Ledger
- Discipline: Cryptocurrencies
- Language: English
- Edited by: Christopher E. Wilmer, Peter R. Rizun

Publication details
- History: 2016–present
- Publisher: University Library System, University of Pittsburgh (cosponsored by the University of Pittsburgh Press) (United States)
- Frequency: Biannual
- Open access: Yes
- License: CC BY

Standard abbreviations
- ISO 4: Ledger

Indexing
- ISSN: 2379-5980
- LCCN: 2015202078
- OCLC no.: 910895894

Links
- Journal homepage; Current issue; Online archive;

= Ledger (journal) =

Academic journal on cryptocurrencies

Ledger is the first peer-reviewed academic journal dedicated to cryptocurrency and blockchain technology research.
The journal covers topics that relate to cryptocurrencies such as bitcoin. This includes aspects of mathematics, computer science, engineering, law, economics and philosophy.
The focus according to Wilmer is "blockchain technology research."
It is funded by Coin Center, a nonprofit.

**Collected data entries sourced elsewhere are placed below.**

-- ===== src/OpenTimestamps/RoundTrip.antt =====
-- Reading back a proof tree and a detached file.
use multi_log.Prelude.{
  ℕ, zero, suc, ◌+◌, ◌≤◌, ◌≡◌, refl, sym, ◌∙◌, ap, arith, List, [], ◌∷◌, ◌++◌, append-nil,
  append_assoc, Bytes, length, length-append, All,
}
use mathlib.Core.Path.{subst}
use native.Mathlib.Decide.{dec_lt}
use multi_log.Crypto.{Sha256}
use multi_log.OpenTimestamps.Reading.{got, read_byte, read_n}
use multi_log.OpenTimestamps.{
  op_sha256, header_magic, write_varuint, Digests, apply, Attestation, Timestamp, node, Edges,
  no_edges, edge,
}
use multi_log.OpenTimestamps.Varuint.{varuint-write_varuint, read_n-append}
use multi_log.OpenTimestamps.Branches.{arg_bytes, IsAttestation}
use multi_log.OpenTimestamps.Tree.{
  message, edge_count, fork, serialize_attestations, serialize, serialize_edges, add_edge,
  deserialize_rest, deserialize_timestamp, DetachedFile, serialize_file, parse_versioned,
  parse_detached_file,
}
use multi_log.OpenTimestamps.Steps.{
  AreEdges, IsTimestamp, append_edges, append_edges-add_edge, append_edges-none, attestation_bytes,
  branch_last, branch_more, edge_bytes, length-attestation_bytes, length-edge_bytes,
  no_attestation_bytes, no_edges_bytes, one_attestation, one_edge, parse, tag_apart,
}

module _ ⦃sha : Sha256⦄ ⦃d : Digests⦄ where
  -- Where a node has no branch left to read, it is whole.
  nothing_left :
      (total : ℕ) (m more : Bytes) (i j : ℕ) (before atts all : List Attestation) (ops : Edges)
      → before ++ atts ≡ all
      → length atts ≡ 0
      → edge_count ops ≡ 0
      → got
          (node m before no_edges)
          (serialize_attestations total i atts ++ (serialize_edges total j ops ++ more))
        ≡ got (node m all ops) more
  nothing_left total m more i j before [] all no_edges joined none empty =
      ap (got (node m before no_edges)) (
        no_attestation_bytes total i (serialize_edges total j no_edges ++ more)
        ∙ no_edges_bytes total j more)
      ∙ ap (λ b. got (node m b no_edges) more) (sym (append-nil before) ∙ joined)
  nothing_left total m more i j before [] all (edge o child rest) joined none empty =
      absurd (omega arith)
  nothing_left total m more i j before (a ∷ atts) all ops joined none empty = absurd (omega arith)

  module _ (total : ℕ) (m : Bytes) (ops : Edges) (more : Bytes) where
    -- Reading the edges of a node whose attestations are read gives the node.
    abbrev EdgesRead : List Attestation → ℕ → Type 0
    EdgesRead all j =
        (rounds : ℕ)
        → 1 ≤ edge_count ops
        → length (serialize_edges total j ops) ≤ rounds
        → deserialize_rest rounds (node m all no_edges) (serialize_edges total j ops ++ more)
          ≡ got (node m all ops) more

    read_attestations :
        (rounds i j : ℕ) (before atts all : List Attestation)
        → before ++ atts ≡ all
        → j ≡ i + length atts
        → total ≡ j + edge_count ops
        → 1 ≤ length atts + edge_count ops
        → All IsAttestation atts
        → EdgesRead all j
        → length (serialize_attestations total i atts) + length (serialize_edges total j ops)
          ≤ rounds
        → deserialize_rest rounds
            (node m before no_edges)
            (serialize_attestations total i atts ++ (serialize_edges total j ops ++ more))
          ≡ got (node m all ops) more
    read_attestations rounds i j before [] all joined at count some well edges fits =
        let whole : before ≡ all = sym (append-nil before) ∙ joined in
        ap (deserialize_rest rounds (node m before no_edges))
          (no_attestation_bytes total i (serialize_edges total j ops ++ more))
        ∙ ap
            (λ b. deserialize_rest rounds (node m b no_edges) (serialize_edges total j ops ++ more))
            whole
        ∙ edges rounds (omega arith) (omega arith)
    read_attestations zero i j before (a ∷ atts) all joined at count some well edges fits =
        absurd (omega (arith, length-attestation_bytes total i a atts))
    read_attestations (suc rounds) i j before (a ∷ atts) all joined at count some (one_well, well)
          edges fits =
        let sizes = length-attestation_bytes total i a atts in
        let behind : Bytes =
          serialize_attestations total (i + 1) atts ++ (serialize_edges total j ops ++ more) in
        let read = one_attestation rounds m before no_edges a behind one_well in
        let next : List Attestation = before ++ a ∷ [] in
        let joins : next ++ atts ≡ all = append_assoc before (a ∷ []) atts ∙ joined in
        ap (deserialize_rest (suc rounds) (node m before no_edges))
          (attestation_bytes total i a atts (serialize_edges total j ops ++ more))
        ∙ elim (dec_lt (i + 1) total) [
          | yes follows ↦
              branch_more rounds i total 0x00 (node m before no_edges) (node m next no_edges) _
                behind follows read
              ∙ read_attestations rounds (i + 1) j next atts all joins (omega arith) count
                  (omega arith) well edges (omega (arith, sizes))
          | no last ↦
              branch_last rounds i total 0x00 (node m before no_edges) (node m next no_edges) _
                behind refl (omega arith) read
              ∙ nothing_left total m more (i + 1) j next atts all ops joins (omega arith)
                  (omega arith)
        ]

  module _ (m : Bytes) (atts : List Attestation) (ops : Edges) where
    abbrev branches : ℕ
    branches = length atts + edge_count ops

    node_bytes :
        (more : Bytes)
        → serialize (node m atts ops) ++ more
          ≡ serialize_attestations branches 0 atts
            ++ (serialize_edges branches (length atts) ops ++ more)
    unfolding serialize serialize_edges
    node_bytes more =
        append_assoc (serialize_attestations branches 0 atts)
          (serialize_edges branches (length atts) ops) more

    length-node_bytes :
        length (serialize (node m atts ops))
        ≡ length (serialize_attestations branches 0 atts)
          + length (serialize_edges branches (length atts) ops)
    unfolding serialize serialize_edges
    length-node_bytes =
        length-append (serialize_attestations branches 0 atts)
          (serialize_edges branches (length atts) ops)

  mutual
    unfolding IsTimestamp AreEdges

    read_node :
        (rounds : ℕ) (t : Timestamp) (msg more : Bytes)
        → IsTimestamp t
        → message t ≡ msg
        → length (serialize t) ≤ rounds
        → parse rounds msg (serialize t ++ more) ≡ got t more
    read_node rounds (node m atts ops) msg more (well, some, edges) same fits =
        let total : ℕ = length atts + edge_count ops in
        ap (λ (x : Bytes). parse rounds x (serialize (node m atts ops) ++ more)) (sym same)
        ∙ ap (parse rounds m) (node_bytes m atts ops more)
        ∙ read_attestations total m ops more rounds 0 (length atts) [] atts atts refl (omega arith)
            refl some well
            (λ r has small.
              read_edges r (length atts) total m atts no_edges ops more edges has refl small)
            (omega (arith, length-node_bytes m atts ops, fits))

    read_edges :
        (rounds i total : ℕ) (msg : Bytes) (atts : List Attestation) (os ops : Edges) (more : Bytes)
        → AreEdges msg ops
        → 1 ≤ edge_count ops
        → total ≡ i + edge_count ops
        → length (serialize_edges total i ops) ≤ rounds
        → deserialize_rest rounds (node msg atts os) (serialize_edges total i ops ++ more)
          ≡ got (node msg atts (append_edges os ops)) more
    read_edges rounds i total msg atts os no_edges more well some count fits = absurd (omega arith)
    read_edges zero i total msg atts os (edge o child rest) more (is_op, _, _, _) some count fits =
        absurd (omega (arith, length-edge_bytes total i o child rest is_op))
    read_edges (suc rounds) i total msg atts os (edge o child no_edges) more (is_op, same, well, _)
          some count fits =
        let sizes = length-edge_bytes total i o child no_edges is_op in
        let read = read_node rounds child (apply o msg) more well same (omega (arith, sizes)) in
        ap (deserialize_rest (suc rounds) (node msg atts os)) (
          edge_bytes total i o child no_edges is_op more
          ∙ ap (λ b. fork i total ++ o.tag ∷ (arg_bytes o ++ (serialize child ++ b)))
              (no_edges_bytes total (i + 1) more))
        ∙ branch_last rounds i total o.tag (node msg atts os) (node msg atts (add_edge o child os))
            _ more (tag_apart o is_op).0 (omega arith)
            (one_edge rounds msg atts os o child more is_op read)
        ∙ ap (λ es. got (node msg atts es) more)
            (sym (append_edges-none (add_edge o child os))
              ∙ append_edges-add_edge os o child no_edges)
    read_edges (suc rounds) i total msg atts os (edge o child (edge p c rest)) more
          (is_op, same, well, others) some count fits =
        let sizes = length-edge_bytes total i o child (edge p c rest) is_op in
        let behind : Bytes = serialize_edges total (i + 1) (edge p c rest) ++ more in
        let read = read_node rounds child (apply o msg) behind well same (omega (arith, sizes)) in
        ap (deserialize_rest (suc rounds) (node msg atts os))
          (edge_bytes total i o child (edge p c rest) is_op more)
        ∙ branch_more rounds i total o.tag (node msg atts os) (node msg atts (add_edge o child os))
            _ behind (omega arith) (one_edge rounds msg atts os o child behind is_op read)
        ∙ read_edges rounds (i + 1) total msg atts (add_edge o child os) (edge p c rest) more others
            (omega arith) (omega arith) (omega (arith, sizes))
        ∙ ap (λ es. got (node msg atts es) more) (append_edges-add_edge os o child (edge p c rest))

  deserialize_timestamp-serialize :
      (t : Timestamp) → IsTimestamp t → deserialize_timestamp (message t) (serialize t) ≡ got t []
  unfolding deserialize_timestamp
  deserialize_timestamp-serialize t well =
      ap (parse (suc (length (serialize t))) (message t)) (sym (append-nil (serialize t)))
      ∙ read_node (suc (length (serialize t))) t (message t) [] well refl (omega arith)

  parse_versioned-serialize :
      (t : Timestamp)
      → IsTimestamp t
      → length (message t) ≡ 32
      → parse_versioned (write_varuint 1 ++ op_sha256 ∷ (message t ++ serialize t))
        ≡ got (record { file_hash_op = op_sha256; ts = t }) []
  unfolding parse_versioned read_byte
  parse_versioned-serialize t well digest =
      let digest_read : read_n 32 (message t ++ serialize t) ≡ got (message t) (serialize t) =
        subst (λ n. read_n n (message t ++ serialize t) ≡ got (message t) (serialize t)) digest
          (read_n-append (message t) (serialize t) (omega (arith, digest))) in
      rw
        (
          varuint-write_varuint 1 (op_sha256 ∷ (message t ++ serialize t)) (omega arith),
          digest_read,
          deserialize_timestamp-serialize t well,
        )
        refl

  -- Parsing a serialized detached file gives the file back, with no byte left over. Its file-hash
  -- operation is SHA-256, its digest has 32 bytes, every node of its tree has a branch, every
  -- operation and attestation is one of the format, short enough for `make`, and each node's message
  -- is what its operation makes of its parent's.
  pub parse_detached_file-serialize_file :
      (f : DetachedFile)
      → f.file_hash_op ≡ op_sha256
      → length (message f.ts) ≡ 32
      → IsTimestamp f.ts
      → parse_detached_file (serialize_file f) ≡ got f []
  unfolding parse_detached_file serialize_file
  parse_detached_file-serialize_file f hash_op digest well =
      let body : Bytes = write_varuint 1 ++ op_sha256 ∷ (message f.ts ++ serialize f.ts) in
      rw
        (
          hash_op,
          read_n-append header_magic body (omega arith),
          parse_versioned-serialize f.ts well digest,
        )
        (let same = sym hash_op in cc)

The journal is open access. It is published by the University Library System of the University of Pittsburgh and is cosponsored by the University of Pittsburgh Press.

== Creation ==

The idea for the journal was born out of a discussion between managing editors Peter R. Rizun and Christopher E. Wilmer, on the bitcoin forum bitcointalk.org.

Wilmer envisioned ledger as a journal for "people passionate about the technology, to publish their research."
Wilmer called into question the reliability of 'white papers' that became common in the cryptocurrency boom.
According to Wilmer, the Ledger Journal receives two to four submissions a week, and many are of poor quality.
“Occasionally we get submissions with no citations."
Wilmer's vision for Ledger was to use a more a traditional peer review system.

A call for papers was issued on 15 September 2015 with the deadline set to 31 December 2015. However, this was delayed while formalising the review process. The inaugural issue was not published until December 2016.

== Related persons and organizations ==

Rizun is a physicist and entrepreneur, who lives in Vancouver, Canada.

Wilmer is an assistant professor in the Swanson School of Engineering’s Chemical & Petroleum Engineering Department.
He is the author of Bitcoin for befuddled. Wilmer first used bitcoin to purchase honey caramels from a beekeeper.

The University of Pittsburgh was featured in the documentary The Rise and Rise of Bitcoin.